SIMON BROWN: I’m chatting now with [independent analyst] Kea Nonyana. Kea, I appreciate the early morning time. We had the hospital groups on the JSE all out with results last week. Mediclinic I think had a 52-week high yesterday, although those [numbers] are relative, of course, due to the pandemic sell-off. The story for healthcare is an easy one. We are living longer, [with] technology coming through. Certainly a compelling story in that space. Is there a compelling story, however, for any of our local healthcare [stocks]?
KEA NONYANA: Good morning, Simon, and good morning to your listeners. I think the Covid-19 pandemic affected hospital groups more than any other sector on our bourse, both operationally and at a cost level. I think they had to realise their strategies as well as their operational activities in order to deliver their new reality. As we’re moving further and further on from the Covid pandemic, I think they are seeing a bit of sun at the end of the tunnel.
You spoke about Mediclinic – Mediclinic remains at the top of all the three hospital groups in terms of operational efficiency and profitability.
I think one thing that is common among them, for me, during the results when I was looking, is that the South African operations are actually doing better than their offshore operation.
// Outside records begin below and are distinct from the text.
-- ===== src/Schema/Required.antt =====
-- The `required` array of a schema, to which the name of a field is added.
use cqwu_achievement_system.Prelude.{
  String, Bool, true, false, Option, none, some, str_eq, eq_iff, if◌then◌else◌, ◌≡◌, refl, sym, ap,
  subst, Bool-cases, inl, inr, arith, ◌∙◌, ◌&&◌, ◌||◌,
}
use cqwu_achievement_system.Json.{
  Value, Values, Members, no_values, add_value, member_of, set_member, json_null, json_bool,
  json_number, json_string, json_array, json_object, strings, append_value, member_of-set_member,
}
use cqwu_achievement_system.Schema.{
  SchemaFileFieldConfig, any_is_text, contains, required_fields, mark_required, add_required,
  array_or_none,
}

any_is_text-contains :
    (field : String) (vs : Values) → any_is_text field vs ≡ contains (strings vs) field
any_is_text-contains field no_values = refl
any_is_text-contains field (add_value (json_string s) vs) =
    ap (λ b. str_eq s field || b) (any_is_text-contains field vs)
any_is_text-contains field (add_value json_null vs) = any_is_text-contains field vs
any_is_text-contains field (add_value (json_bool b) vs) = any_is_text-contains field vs
any_is_text-contains field (add_value (json_number n) vs) = any_is_text-contains field vs
any_is_text-contains field (add_value (json_array ws) vs) = any_is_text-contains field vs
any_is_text-contains field (add_value (json_object ms) vs) = any_is_text-contains field vs

strings-append_value :
    (g field : String) (vs : Values)
    → contains (strings (append_value (json_string field) vs)) g
      ≡ (str_eq field g || contains (strings vs) g)
strings-append_value g field no_values = refl
strings-append_value g field (add_value (json_string s) vs) =
    ground (arith, strings-append_value g field vs)
strings-append_value g field (add_value json_null vs) = strings-append_value g field vs
strings-append_value g field (add_value (json_bool b) vs) = strings-append_value g field vs
strings-append_value g field (add_value (json_number n) vs) = strings-append_value g field vs
strings-append_value g field (add_value (json_array ws) vs) = strings-append_value g field vs
strings-append_value g field (add_value (json_object ms) vs) = strings-append_value g field vs

with_required : (field : String) (vs : Values) → Values
with_required field vs = if any_is_text field vs then vs else append_value (json_string field) vs

contains-with_required :
    (g field : String) (vs : Values)
    → contains (strings (with_required field vs)) g ≡ (str_eq field g || contains (strings vs) g)
unfolding with_required
contains-with_required g field vs = elim (Bool-cases (any_is_text field vs)) [
  | inl e ↦ rw e (elim (Bool-cases (str_eq field g)) [
    | inl k ↦ rw k (
        subst (λ t. contains (strings vs) t ≡ true) ((eq_iff field g).0 k)
          (sym (any_is_text-contains field vs) ∙ e))
    | inr k ↦ rw k refl
  ])
  | inr e ↦ rw e (strings-append_value g field vs)
]

abbrev pub is_some : {A : Type 0} → Option A → Bool
is_some none = false
is_some (some a) = true

-- The schema has no `required` that is not an array, where it is asked for.
abbrev pub takes_required : SchemaFileFieldConfig → Members → Bool
takes_required c ms = if c.required then is_some (array_or_none (member_of "required" ms)) else true

module _ (c : SchemaFileFieldConfig) (field : String) where
  -- What `mark_required` makes of the members of a schema.
  unfoldable pub Marked : Members → Option Value → Type 0
  Marked ms o =
      (m : Members) × (o ≡ some (json_object m))
      × (member_of "properties" m ≡ member_of "properties" ms)
      × ((g : String)
          → contains (required_fields (json_object m)) g
            ≡ ((c.required && str_eq field g) || contains (required_fields (json_object ms)) g))

  Marked-with :
      (ms : Members) (o : Option Value)
      → member_of "required" ms ≡ o
      → c.required ≡ true
      → is_some (array_or_none o) ≡ true
      → Marked ms (add_required field ms (array_or_none o))
  unfolding Marked with_required
  Marked-with ms none e r h = (
    set_member "required" (json_array (with_required field no_values)) ms,
    refl,
    simp (member_of-set_member),
    λ g.
        rw
          (
            member_of-set_member "required" "required" (json_array (with_required field no_values))
                ms,
            e,
            r,
          )
          refl,
  )
  Marked-with ms (some (json_array vs)) e r h = (
    set_member "required" (json_array (with_required field vs)) ms,
    refl,
    simp (member_of-set_member),
    λ g.
        rw
          (
            member_of-set_member "required" "required" (json_array (with_required field vs)) ms,
            e,
            r,
          )
          (contains-with_required g field vs),
  )
  Marked-with ms (some json_null) e r h = absurd (cc h)
  Marked-with ms (some (json_bool b)) e r h = absurd (cc h)
  Marked-with ms (some (json_number n)) e r h = absurd (cc h)
  Marked-with ms (some (json_string s)) e r h = absurd (cc h)
  Marked-with ms (some (json_object os)) e r h = absurd (cc h)

  unmarked : (ms : Members) → c.required ≡ false → Marked ms (some (json_object ms))
  unfolding Marked
  unmarked ms e = (ms, refl, refl, λ g. rw e refl)

  pub mark_required-Marked :
      (ms : Members) → takes_required c ms ≡ true → Marked ms (mark_required c field ms)
  unfolding mark_required
  mark_required-Marked ms h = by_required (c.required) refl
    where
      takes :
          c.required ≡ true
          → takes_required c ms ≡ true
          → is_some (array_or_none (member_of "required" ms)) ≡ true
      takes e h =
          subst
            (λ b. (if b then is_some (array_or_none (member_of "required" ms)) else true) ≡ true) e
            h

      by_required :
          (b : Bool)
          → c.required ≡ b
          → Marked ms (
              if b
              then add_required field ms (array_or_none (member_of "required" ms))
              else some (json_object ms))
      by_required true e = Marked-with ms (member_of "required" ms) refl e (takes e h)
      by_required false e = unmarked ms e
SIMON BROWN: Yeah. They’ve all gone offshore in various different ways. They’ve all had challenges with their offshore adventures. But [as] things are, as you point out, we are seeing people return back to hospitals for elective surgery. They’ve kind of fixed up their businesses in many a sense during the pandemic to survive that shock and local ops are coming out, looking strong and, for want of a weird phrase in healthcare, picking up ‘occupancies’ again.
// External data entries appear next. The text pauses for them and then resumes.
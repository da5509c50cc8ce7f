-- ===== src/Schema/RoundTrip.antt =====
-- A file field that is written to a schema is read back: `into_schema` and `try_from_schema`.
use cqwu_achievement_system.Prelude.{
  String, Bool, true, false, Option, none, some, List, str_eq, eq_iff, if◌then◌else◌, ◌≡◌, refl,
  sym, ap, subst, Bool-cases, inl, inr, arith, ◌∙◌, ltb, ◌^◌, ◌&&◌, ◌||◌, and_left, and_right,
}
use cqwu_achievement_system.Json.{
  Value, Members, no_members, member_of, set_member, as_object, in_i64, json_null, json_bool,
  json_number, json_string, json_array, json_object, member_of-set_member, distinct,
  distinct-set_member, str_eq_refl,
}
use cqwu_achievement_system.Schema.{
  SchemaFileFieldConfig, file_field, try_from_field_def, contains, required_fields, object_or_none,
  on_properties, on_field_def, members_or_fresh, into_schema, try_from_schema, collect_configs,
  and_then,
}
use cqwu_achievement_system.Schema.Lookup.{
  config_of, found, or_default, properties, distinct_properties, config_of-try_from_schema,
}
use cqwu_achievement_system.Schema.FieldDef.{try_from-file_field}
use cqwu_achievement_system.Schema.Required.{is_some, takes_required, Marked, mark_required-Marked}

-- The parts of a schema that `into_schema` changes have the shapes that it expects, or are missing.
module _ (c : SchemaFileFieldConfig) (field title : String) where
  abbrev accepts_field : Option Members → Bool
  accepts_field none = false
  accepts_field (some props) = is_some (object_or_none (member_of field props))

  abbrev accepts_members : Members → Bool
  accepts_members ms =
      accepts_field (object_or_none (member_of "properties" ms)) && takes_required c ms

  abbrev pub accepts : Value → Bool
  accepts schema = accepts_members (members_or_fresh schema)

-- Whether the schema asks for the field.
abbrev pub is_required : String → Value → Bool
is_required field schema = contains (required_fields schema) field

-- The members that `into_schema` makes of those of a schema.
module _ (c : SchemaFileFieldConfig) (field title : String) (ms : Members) where
  written : Members → Members → Value
  written props def = json_object (set_member field (json_object (file_field c title def)) props)

  Written : Members → Option Value → Type 0
  Written props o =
      (m : Members) × (def : Members) × (o ≡ some (json_object m))
      × (member_of "properties" m ≡ some (written props def))
      × ((g : String)
          → is_required g (json_object m)
            ≡ ((c.required && str_eq field g) || is_required g (json_object ms)))

  on_field_def-Written :
      (props : Members) (o : Option Members)
      → takes_required c ms ≡ true
      → is_some o ≡ true
      → Written props (on_field_def c field title ms props o)
  unfolding on_field_def Written written Marked
  on_field_def-Written props none h k = absurd (cc k)
  on_field_def-Written props (some def) h k =
      let marked =
        mark_required-Marked c field (set_member "properties" (written props def) ms)
          (simp (member_of-set_member, h)) in
      (
        marked.0,
        def,
        marked.1,
        marked.2 ∙ simp (member_of-set_member),
        λ g. marked.3 g ∙ simp (member_of-set_member),
      )

  on_properties-Written :
      (o : Option Members)
      → accepts_field c field title o ≡ true
      → takes_required c ms ≡ true
      → (props : Members) × (o ≡ some props) × Written props (on_properties c field title ms o)
  unfolding on_properties
  on_properties-Written none k h = absurd (cc k)
  on_properties-Written (some props) k h =
      (props, refl, on_field_def-Written props (object_or_none (member_of field props)) h k)

props_of :
    (ms props : Members)
    → object_or_none (member_of "properties" ms) ≡ some props
    → distinct_properties (properties (json_object ms)) ≡ true
    → (distinct props ≡ true)
      × ((g : String)
          → config_of g (try_from_schema (json_object ms))
            ≡ found (required_fields (json_object ms)) g (member_of g props) none)
unfolding member_of
props_of ms props h d =
    by_member (member_of "properties" ms) h d λ g. config_of-try_from_schema (json_object ms) g d
  where
    by_member :
        (o : Option Value)
        → object_or_none o ≡ some props
        → distinct_properties (and_then o as_object) ≡ true
        → ((g : String)
            → config_of g (try_from_schema (json_object ms))
              ≡ found
                  (required_fields (json_object ms))
                  g
                  (and_then (and_then o as_object) (member_of g))
                  none)
        → (distinct props ≡ true)
          × ((g : String)
              → config_of g (try_from_schema (json_object ms))
                ≡ found (required_fields (json_object ms)) g (member_of g props) none)
    by_member none h d k =
        subst
          (λ t.
            (distinct t ≡ true)
            × ((g : String)
                → config_of g (try_from_schema (json_object ms))
                  ≡ found (required_fields (json_object ms)) g (member_of g t) none))
          {x = no_members} {y = props} (ground arith) (refl, k)
    by_member (some v) h d k = (
      subst (λ o. distinct_properties o ≡ true) h d,
      λ g.
          k g
          ∙ ap (λ o. found (required_fields (json_object ms)) g (and_then o (member_of g)) none) h,
    )

config_of-fresh :
    (schema : Value) (g : String)
    → config_of g (try_from_schema (json_object (members_or_fresh schema)))
      ≡ config_of g (try_from_schema schema)
unfolding try_from_schema member_of collect_configs
config_of-fresh (json_object ms) g = refl
config_of-fresh json_null g = refl
config_of-fresh (json_bool b) g = refl
config_of-fresh (json_number n) g = refl
config_of-fresh (json_string s) g = refl
config_of-fresh (json_array vs) g = refl

is_required-fresh :
    (schema : Value) (g : String)
    → is_required g (json_object (members_or_fresh schema)) ≡ is_required g schema
unfolding member_of
is_required-fresh (json_object ms) g = refl
is_required-fresh json_null g = refl
is_required-fresh (json_bool b) g = refl
is_required-fresh (json_number n) g = refl
is_required-fresh (json_string s) g = refl
is_required-fresh (json_array vs) g = refl

distinct-fresh :
    (schema : Value)
    → distinct_properties (properties schema) ≡ true
    → distinct_properties (properties (json_object (members_or_fresh schema))) ≡ true
unfolding member_of
distinct-fresh (json_object ms) h = h
distinct-fresh json_null h = refl
distinct-fresh (json_bool b) h = refl
distinct-fresh (json_number n) h = refl
distinct-fresh (json_string s) h = refl
distinct-fresh (json_array vs) h = refl

-- The conditions under which a configuration is read back as it was written: the numbers of the source
-- have 64 bits.
abbrev pub fits : SchemaFileFieldConfig → Bool
fits c = in_i64 c.max_size && ltb c.quota (2 ^ 64)

module _ (c : SchemaFileFieldConfig) (field title : String) where
  read-written :
      (ms m props def : Members) (g : String)
      → fits c ≡ true
      → distinct props ≡ true
      → member_of "properties" m ≡ some (written c field title ms props def)
      → config_of g (try_from_schema (json_object m)) ≡ (
          if str_eq field g
          then some (record c { required = is_required field (json_object m) })
          else found (required_fields (json_object m)) g (member_of g props) none)
  unfolding written
  read-written ms m props def g f d e =
      config_of-try_from_schema (json_object m) g
        (rw e (distinct-set_member field (json_object (file_field c title def)) props d))
      ∙ rw (e, member_of-set_member g field (json_object (file_field c title def)) props)
          (elim (Bool-cases (str_eq field g)) [
            | inl k ↦
                rw
                  (
                    k,
                    try_from-file_field c title def (contains (required_fields (json_object m)) g)
                        (and_left (in_i64 c.max_size) (ltb c.quota (2 ^ 64)) f)
                        (and_right (in_i64 c.max_size) (ltb c.quota (2 ^ 64)) f),
                  )
                  (ap (λ t. some (record c { required = is_required t (json_object m) }))
                    (sym ((eq_iff field g).0 k)))
            | inr k ↦ rw k refl
          ])

-- The configurations of a schema once a file field is written to it: the field has its own, and is
-- required if it was or is to be; each other field has the one that it had.
module _ (c : SchemaFileFieldConfig) (field title : String) where
  abbrev pub after_write : Value → String → Option SchemaFileFieldConfig
  after_write schema g =
      if str_eq field g
      then some (record c { required = c.required || is_required field schema })
      else config_of g (try_from_schema schema)

  -- What the schema says after the writing, from what it says of the field and of the others.
  after-cases :
      (m : Members) (props : Members) (schema : Value) (g : String)
      → ((h : String)
          → is_required h (json_object m)
            ≡ ((c.required && str_eq field h) || is_required h schema))
      → config_of g (try_from_schema schema)
        ≡ found (required_fields schema) g (member_of g props) none
      → (if str_eq field g
          then some (record c { required = is_required field (json_object m) })
          else found (required_fields (json_object m)) g (member_of g props) none)
        ≡ after_write schema g
  after-cases m props schema g r o = elim (Bool-cases (str_eq field g)) [
    | inl k ↦ rw (k, r field, str_eq_refl field, and_true c.required) refl
    | inr k ↦
        rw (k, o) (found-same _ _ (member_of g props) (r g ∙ rw (k, and_false c.required) refl))
  ]
    where
      and_true : (b : Bool) → (b && true) ≡ b
      and_true b = ground arith

      and_false : (b : Bool) → (b && false) ≡ false
      and_false b = ground arith

      found-same :
          (a b : List String) (v : Option Value)
          → contains a g ≡ contains b g
          → found a g v none ≡ found b g v none
      found-same a b none e = refl
      found-same a b (some v) e = ap (λ t. or_default (try_from_field_def v t) none) e

  after_members :
      (ms : Members)
      → fits c ≡ true
      → accepts_members c field title ms ≡ true
      → distinct_properties (properties (json_object ms)) ≡ true
      → (m : Members) × (on_properties c field title ms (object_or_none (member_of "properties" ms))
          ≡ some (json_object m))
        × ((g : String)
            → config_of g (try_from_schema (json_object m)) ≡ after_write (json_object ms) g)
  unfolding Written
  after_members ms f a d =
      let o = object_or_none (member_of "properties" ms) in
      let w =
        on_properties-Written c field title ms o
          (and_left (accepts_field c field title o) (takes_required c ms) a)
          (and_right (accepts_field c field title o) (takes_required c ms) a) in
      let old = props_of ms w.0 w.1 d in
      (
        w.2.0,
        w.2.2,
        λ g.
            read-written c field title ms w.2.0 w.0 w.2.1 g f old.0 w.2.3
            ∙ after-cases w.2.0 w.0 (json_object ms) g w.2.4 (old.1 g),
      )

-- Writing a file field to a schema whose changed parts have the shapes that are expected, and in
-- which no property stands twice, gives a schema from which `try_from_schema` reads the field's
-- configuration as it was written, required if it was marked or already required, and the
-- configuration of each other field as before; the sizes have the 64 bits of the source.
pub into_schema-read_back :
    (c : SchemaFileFieldConfig) (field title : String) (schema : Value)
    → fits c ≡ true
    → accepts c field title schema ≡ true
    → distinct_properties (properties schema) ≡ true
    → (s : Value) × (into_schema c field title schema ≡ some s)
      × ((g : String)
          → config_of g (try_from_schema s) ≡ (
              if str_eq field g
              then some (record c { required = c.required || is_required field schema })
              else config_of g (try_from_schema schema)))
unfolding into_schema
into_schema-read_back c field title schema f a d =
    let w = after_members c field title (members_or_fresh schema) f a (distinct-fresh schema d) in
    (
      json_object w.0,
      w.1,
      λ g. w.2 g ∙ rw (is_required-fresh schema field, config_of-fresh schema g) refl,
    )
KEA NONYANA: I think that’s usually a bad thing – but for them it’s a good thing. [The more] demand for Covid-19 beds starts to wane, the more they can start opening up the elective surgeries, which is their high-margin business. We’ve seen [this] in the results top-line growth from most of these, actually all of these are healthcare providers. Also with Mediclinic and Netcare, we are seeing an improved operating leverage, which shows that they were able to realign costs and really maximise return on their assets after the Covid-19 pandemic.
SIMON BROWN: We have a very small healthcare space in our market. We’ve got the three hospital groups. Aspen is in there. Do you look abroad much, perhaps [at] individual counters in the offshore market? Or perhaps we’ve got a couple of ETFs (exchange-traded funds) locally and offshore that cover healthcare, because, as I said in the intro, the story for healthcare is compelling.
KEA NONYANA: To be perfectly honest the investor space in the South African market is really limited for investors here. As you said, we have the three hospital groups plus Aspen Pharmacare and, and *** smaller pharmaceutical companies. So for me, the Sygnia healthcare ETF [Sygnia Itrix Solactive Healthcare 150 ETF] is how I’d go into navigating going offshore,
…because taking out specific counters without local knowledge, especially for retail investors, is a little bit too risky for my liking.
But as I said, I still believe that even on the local market you will be getting good value with the three hospital groups and Aspen Pharmacare.
SIMON BROWN: I take your point, and I take exactly the same. When I start looking offshore, my eyes glaze over, because there is so much out there; it’s not my core competency. So I usually jump into the ETF. There’s the Sygnia [one] and in fact a Satrix one, I think, came out. I think it was just last week that it listed as well.
We’ll leave it there. Kea Nonyana is an independent analyst, talking the healthcare stocks locally and globally.